──────── EXCERPTED DATA ────────

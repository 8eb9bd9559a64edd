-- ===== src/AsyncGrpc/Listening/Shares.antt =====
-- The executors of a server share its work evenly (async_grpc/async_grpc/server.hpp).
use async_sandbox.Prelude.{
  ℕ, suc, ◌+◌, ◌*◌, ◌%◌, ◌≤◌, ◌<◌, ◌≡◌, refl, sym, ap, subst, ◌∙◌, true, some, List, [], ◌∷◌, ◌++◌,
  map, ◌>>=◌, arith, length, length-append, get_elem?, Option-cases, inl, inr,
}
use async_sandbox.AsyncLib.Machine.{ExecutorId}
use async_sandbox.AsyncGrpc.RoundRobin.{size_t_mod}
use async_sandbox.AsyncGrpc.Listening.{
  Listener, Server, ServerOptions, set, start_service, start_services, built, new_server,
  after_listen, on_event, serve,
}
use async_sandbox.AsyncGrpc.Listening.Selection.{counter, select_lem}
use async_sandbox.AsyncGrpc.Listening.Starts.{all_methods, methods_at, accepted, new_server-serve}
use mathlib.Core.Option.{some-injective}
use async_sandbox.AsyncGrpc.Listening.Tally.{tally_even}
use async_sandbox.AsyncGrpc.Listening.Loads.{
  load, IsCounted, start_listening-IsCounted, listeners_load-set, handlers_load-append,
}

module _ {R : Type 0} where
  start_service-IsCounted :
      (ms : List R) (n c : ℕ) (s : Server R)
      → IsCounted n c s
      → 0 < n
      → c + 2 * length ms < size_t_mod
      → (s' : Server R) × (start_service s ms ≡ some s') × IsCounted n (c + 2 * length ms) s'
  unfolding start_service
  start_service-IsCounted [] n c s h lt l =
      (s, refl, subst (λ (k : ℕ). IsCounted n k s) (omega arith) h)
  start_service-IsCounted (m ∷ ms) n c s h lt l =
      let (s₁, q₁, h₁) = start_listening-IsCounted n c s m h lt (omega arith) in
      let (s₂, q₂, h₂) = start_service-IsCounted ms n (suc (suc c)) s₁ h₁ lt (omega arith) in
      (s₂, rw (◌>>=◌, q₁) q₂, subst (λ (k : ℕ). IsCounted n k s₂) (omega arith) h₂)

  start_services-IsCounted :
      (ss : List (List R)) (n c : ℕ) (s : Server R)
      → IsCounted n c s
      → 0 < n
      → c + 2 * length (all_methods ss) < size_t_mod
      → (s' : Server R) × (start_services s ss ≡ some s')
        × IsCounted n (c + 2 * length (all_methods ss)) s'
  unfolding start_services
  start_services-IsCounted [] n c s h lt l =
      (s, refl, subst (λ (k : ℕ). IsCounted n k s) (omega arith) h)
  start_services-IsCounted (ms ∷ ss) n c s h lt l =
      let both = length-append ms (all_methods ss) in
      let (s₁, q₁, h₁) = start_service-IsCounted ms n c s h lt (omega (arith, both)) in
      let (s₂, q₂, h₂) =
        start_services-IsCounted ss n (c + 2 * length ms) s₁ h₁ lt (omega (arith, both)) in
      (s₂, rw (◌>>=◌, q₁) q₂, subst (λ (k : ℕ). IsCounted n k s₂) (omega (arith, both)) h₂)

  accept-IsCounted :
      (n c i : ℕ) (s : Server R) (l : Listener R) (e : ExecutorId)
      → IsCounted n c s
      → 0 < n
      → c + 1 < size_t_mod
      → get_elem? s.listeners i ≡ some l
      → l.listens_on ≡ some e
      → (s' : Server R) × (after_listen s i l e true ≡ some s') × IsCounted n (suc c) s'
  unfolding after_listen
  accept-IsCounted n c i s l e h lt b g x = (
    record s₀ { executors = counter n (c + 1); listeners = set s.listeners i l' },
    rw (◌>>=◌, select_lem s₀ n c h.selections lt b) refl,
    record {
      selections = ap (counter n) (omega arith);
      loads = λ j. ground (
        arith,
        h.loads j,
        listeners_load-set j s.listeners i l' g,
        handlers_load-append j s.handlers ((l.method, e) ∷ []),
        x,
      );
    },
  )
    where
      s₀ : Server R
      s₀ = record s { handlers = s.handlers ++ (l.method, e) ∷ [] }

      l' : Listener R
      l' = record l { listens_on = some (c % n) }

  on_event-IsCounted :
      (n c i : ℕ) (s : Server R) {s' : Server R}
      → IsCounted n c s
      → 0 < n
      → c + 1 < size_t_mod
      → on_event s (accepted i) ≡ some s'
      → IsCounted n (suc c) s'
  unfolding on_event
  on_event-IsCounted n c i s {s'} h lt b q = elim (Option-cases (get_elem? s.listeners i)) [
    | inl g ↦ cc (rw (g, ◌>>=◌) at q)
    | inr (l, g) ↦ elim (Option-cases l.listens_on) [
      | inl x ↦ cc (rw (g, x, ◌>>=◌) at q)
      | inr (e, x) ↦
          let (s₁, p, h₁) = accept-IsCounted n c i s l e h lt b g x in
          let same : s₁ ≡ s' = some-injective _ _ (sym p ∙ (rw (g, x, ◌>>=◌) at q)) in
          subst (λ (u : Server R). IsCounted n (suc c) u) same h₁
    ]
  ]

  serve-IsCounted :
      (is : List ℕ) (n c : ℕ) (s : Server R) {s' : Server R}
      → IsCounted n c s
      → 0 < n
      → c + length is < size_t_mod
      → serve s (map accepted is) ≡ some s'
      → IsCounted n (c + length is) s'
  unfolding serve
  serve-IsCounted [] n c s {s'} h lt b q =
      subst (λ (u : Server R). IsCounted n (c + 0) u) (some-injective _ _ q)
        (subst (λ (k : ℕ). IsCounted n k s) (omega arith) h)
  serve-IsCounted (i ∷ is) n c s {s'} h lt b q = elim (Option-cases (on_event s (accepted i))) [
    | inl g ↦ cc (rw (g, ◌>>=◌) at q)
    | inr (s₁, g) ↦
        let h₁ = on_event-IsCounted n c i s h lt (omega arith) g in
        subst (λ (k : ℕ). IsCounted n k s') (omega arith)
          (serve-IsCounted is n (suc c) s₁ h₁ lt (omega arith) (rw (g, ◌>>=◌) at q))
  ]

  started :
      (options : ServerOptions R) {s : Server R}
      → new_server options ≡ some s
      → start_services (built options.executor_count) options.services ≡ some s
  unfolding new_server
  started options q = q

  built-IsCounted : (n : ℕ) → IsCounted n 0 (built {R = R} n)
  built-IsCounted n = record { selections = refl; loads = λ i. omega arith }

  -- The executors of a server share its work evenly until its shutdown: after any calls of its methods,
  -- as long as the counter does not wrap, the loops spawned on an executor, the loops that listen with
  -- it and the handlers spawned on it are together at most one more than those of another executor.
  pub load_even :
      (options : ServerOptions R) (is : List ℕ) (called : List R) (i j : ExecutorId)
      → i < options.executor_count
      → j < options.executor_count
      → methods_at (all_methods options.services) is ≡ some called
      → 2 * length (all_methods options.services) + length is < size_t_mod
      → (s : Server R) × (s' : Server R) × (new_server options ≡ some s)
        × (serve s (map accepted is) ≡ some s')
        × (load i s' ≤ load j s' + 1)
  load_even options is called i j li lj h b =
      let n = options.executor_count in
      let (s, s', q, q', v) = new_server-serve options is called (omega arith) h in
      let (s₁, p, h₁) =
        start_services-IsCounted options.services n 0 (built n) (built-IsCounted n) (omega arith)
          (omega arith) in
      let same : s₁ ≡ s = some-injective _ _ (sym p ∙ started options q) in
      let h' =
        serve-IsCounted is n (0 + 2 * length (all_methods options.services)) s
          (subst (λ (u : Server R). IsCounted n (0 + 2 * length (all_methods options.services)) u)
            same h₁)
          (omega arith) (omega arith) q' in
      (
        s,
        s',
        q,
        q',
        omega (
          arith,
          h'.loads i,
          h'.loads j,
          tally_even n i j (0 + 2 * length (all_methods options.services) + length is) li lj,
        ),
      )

────────

» WHAT YOU WILL DO:
Write out the entries in full, exactly as given.

» RESPONSE TO THIS TASK:
repository 8eb9bd9559a64edd
-- ===== src/AsyncGrpc/Listening/Shares.antt =====
-- The executors of a server share its work evenly (async_grpc/async_grpc/server.hpp).
use async_sandbox.Prelude.{
  ℕ, suc, ◌+◌, ◌*◌, ◌%◌, ◌≤◌, ◌<◌, ◌≡◌, refl, sym, ap, subst, ◌∙◌, true, some, List, [], ◌∷◌, ◌++◌,
  map, ◌>>=◌, arith, length, length-append, get_elem?, Option-cases, inl, inr,
}
use async_sandbox.AsyncLib.Machine.{ExecutorId}
use async_sandbox.AsyncGrpc.RoundRobin.{size_t_mod}
use async_sandbox.AsyncGrpc.Listening.{
  Listener, Server, ServerOptions, set, start_service, start_services, built, new_server,
  after_listen, on_event, serve,
}
use async_sandbox.AsyncGrpc.Listening.Selection.{counter, select_lem}
use async_sandbox.AsyncGrpc.Listening.Starts.{all_methods, methods_at, accepted, new_server-serve}
use mathlib.Core.Option.{some-injective}
use async_sandbox.AsyncGrpc.Listening.Tally.{tally_even}
use async_sandbox.AsyncGrpc.Listening.Loads.{
  load, IsCounted, start_listening-IsCounted, listeners_load-set, handlers_load-append,
}

module _ {R : Type 0} where
  start_service-IsCounted :
      (ms : List R) (n c : ℕ) (s : Server R)
      → IsCounted n c s
      → 0 < n
      → c + 2 * length ms < size_t_mod
      → (s' : Server R) × (start_service s ms ≡ some s') × IsCounted n (c + 2 * length ms) s'
  unfolding start_service
  start_service-IsCounted [] n c s h lt l =
      (s, refl, subst (λ (k : ℕ). IsCounted n k s) (omega arith) h)
  start_service-IsCounted (m ∷ ms) n c s h lt l =
      let (s₁, q₁, h₁) = start_listening-IsCounted n c s m h lt (omega arith) in
      let (s₂, q₂, h₂) = start_service-IsCounted ms n (suc (suc c)) s₁ h₁ lt (omega arith) in
      (s₂, rw (◌>>=◌, q₁) q₂, subst (λ (k : ℕ). IsCounted n k s₂) (omega arith) h₂)

  start_services-IsCounted :
      (ss : List (List R)) (n c : ℕ) (s : Server R)
      → IsCounted n c s
      → 0 < n
      → c + 2 * length (all_methods ss) < size_t_mod
      → (s' : Server R) × (start_services s ss ≡ some s')
        × IsCounted n (c + 2 * length (all_methods ss)) s'
  unfolding start_services
  start_services-IsCounted [] n c s h lt l =
      (s, refl, subst (λ (k : ℕ). IsCounted n k s) (omega arith) h)
  start_services-IsCounted (ms ∷ ss) n c s h lt l =
      let both = length-append ms (all_methods ss) in
      let (s₁, q₁, h₁) = start_service-IsCounted ms n c s h lt (omega (arith, both)) in
      let (s₂, q₂, h₂) =
        start_services-IsCounted ss n (c + 2 * length ms) s₁ h₁ lt (omega (arith, both)) in
      (s₂, rw (◌>>=◌, q₁) q₂, subst (λ (k : ℕ). IsCounted n k s₂) (omega (arith, both)) h₂)

  accept-IsCounted :
      (n c i : ℕ) (s : Server R) (l : Listener R) (e : ExecutorId)
      → IsCounted n c s
      → 0 < n
      → c + 1 < size_t_mod
      → get_elem? s.listeners i ≡ some l
      → l.listens_on ≡ some e
      → (s' : Server R) × (after_listen s i l e true ≡ some s') × IsCounted n (suc c) s'
  unfolding after_listen
  accept-IsCounted n c i s l e h lt b g x = (
    record s₀ { executors = counter n (c + 1); listeners = set s.listeners i l' },
    rw (◌>>=◌, select_lem s₀ n c h.selections lt b) refl,
    record {
      selections = ap (counter n) (omega arith);
      loads = λ j. ground (
        arith,
        h.loads j,
        listeners_load-set j s.listeners i l' g,
        handlers_load-append j s.handlers ((l.method, e) ∷ []),
        x,
      );
    },
  )
    where
      s₀ : Server R
      s₀ = record s { handlers = s.handlers ++ (l.method, e) ∷ [] }

      l' : Listener R
      l' = record l { listens_on = some (c % n) }

  on_event-IsCounted :
      (n c i : ℕ) (s : Server R) {s' : Server R}
      → IsCounted n c s
      → 0 < n
      → c + 1 < size_t_mod
      → on_event s (accepted i) ≡ some s'
      → IsCounted n (suc c) s'
  unfolding on_event
  on_event-IsCounted n c i s {s'} h lt b q = elim (Option-cases (get_elem? s.listeners i)) [
    | inl g ↦ cc (rw (g, ◌>>=◌) at q)
    | inr (l, g) ↦ elim (Option-cases l.listens_on) [
      | inl x ↦ cc (rw (g, x, ◌>>=◌) at q)
      | inr (e, x) ↦
          let (s₁, p, h₁) = accept-IsCounted n c i s l e h lt b g x in
          let same : s₁ ≡ s' = some-injective _ _ (sym p ∙ (rw (g, x, ◌>>=◌) at q)) in
          subst (λ (u : Server R). IsCounted n (suc c) u) same h₁
    ]
  ]

  serve-IsCounted :
      (is : List ℕ) (n c : ℕ) (s : Server R) {s' : Server R}
      → IsCounted n c s
      → 0 < n
      → c + length is < size_t_mod
      → serve s (map accepted is) ≡ some s'
      → IsCounted n (c + length is) s'
  unfolding serve
  serve-IsCounted [] n c s {s'} h lt b q =
      subst (λ (u : Server R). IsCounted n (c + 0) u) (some-injective _ _ q)
        (subst (λ (k : ℕ). IsCounted n k s) (omega arith) h)
  serve-IsCounted (i ∷ is) n c s {s'} h lt b q = elim (Option-cases (on_event s (accepted i))) [
    | inl g ↦ cc (rw (g, ◌>>=◌) at q)
    | inr (s₁, g) ↦
        let h₁ = on_event-IsCounted n c i s h lt (omega arith) g in
        subst (λ (k : ℕ). IsCounted n k s') (omega arith)
          (serve-IsCounted is n (suc c) s₁ h₁ lt (omega arith) (rw (g, ◌>>=◌) at q))
  ]

  started :
      (options : ServerOptions R) {s : Server R}
      → new_server options ≡ some s
      → start_services (built options.executor_count) options.services ≡ some s
  unfolding new_server
  started options q = q

  built-IsCounted : (n : ℕ) → IsCounted n 0 (built {R = R} n)
  built-IsCounted n = record { selections = refl; loads = λ i. omega arith }

  -- The executors of a server share its work evenly until its shutdown: after any calls of its methods,
  -- as long as the counter does not wrap, the loops spawned on an executor, the loops that listen with
  -- it and the handlers spawned on it are together at most one more than those of another executor.
  pub load_even :
      (options : ServerOptions R) (is : List ℕ) (called : List R) (i j : ExecutorId)
      → i < options.executor_count
      → j < options.executor_count
      → methods_at (all_methods options.services) is ≡ some called
      → 2 * length (all_methods options.services) + length is < size_t_mod
      → (s : Server R) × (s' : Server R) × (new_server options ≡ some s)
        × (serve s (map accepted is) ≡ some s')
        × (load i s' ≤ load j s' + 1)
  load_even options is called i j li lj h b =
      let n = options.executor_count in
      let (s, s', q, q', v) = new_server-serve options is called (omega arith) h in
      let (s₁, p, h₁) =
        start_services-IsCounted options.services n 0 (built n) (built-IsCounted n) (omega arith)
          (omega arith) in
      let same : s₁ ≡ s = some-injective _ _ (sym p ∙ started options q) in
      let h' =
        serve-IsCounted is n (0 + 2 * length (all_methods options.services)) s
          (subst (λ (u : Server R). IsCounted n (0 + 2 * length (all_methods options.services)) u)
            same h₁)
          (omega arith) (omega arith) q' in
      (
        s,
        s',
        q,
        q',
        omega (
          arith,
          h'.loads i,
          h'.loads j,
          tally_even n i j (0 + 2 * length (all_methods options.services) + length is) li lj,
        ),
      )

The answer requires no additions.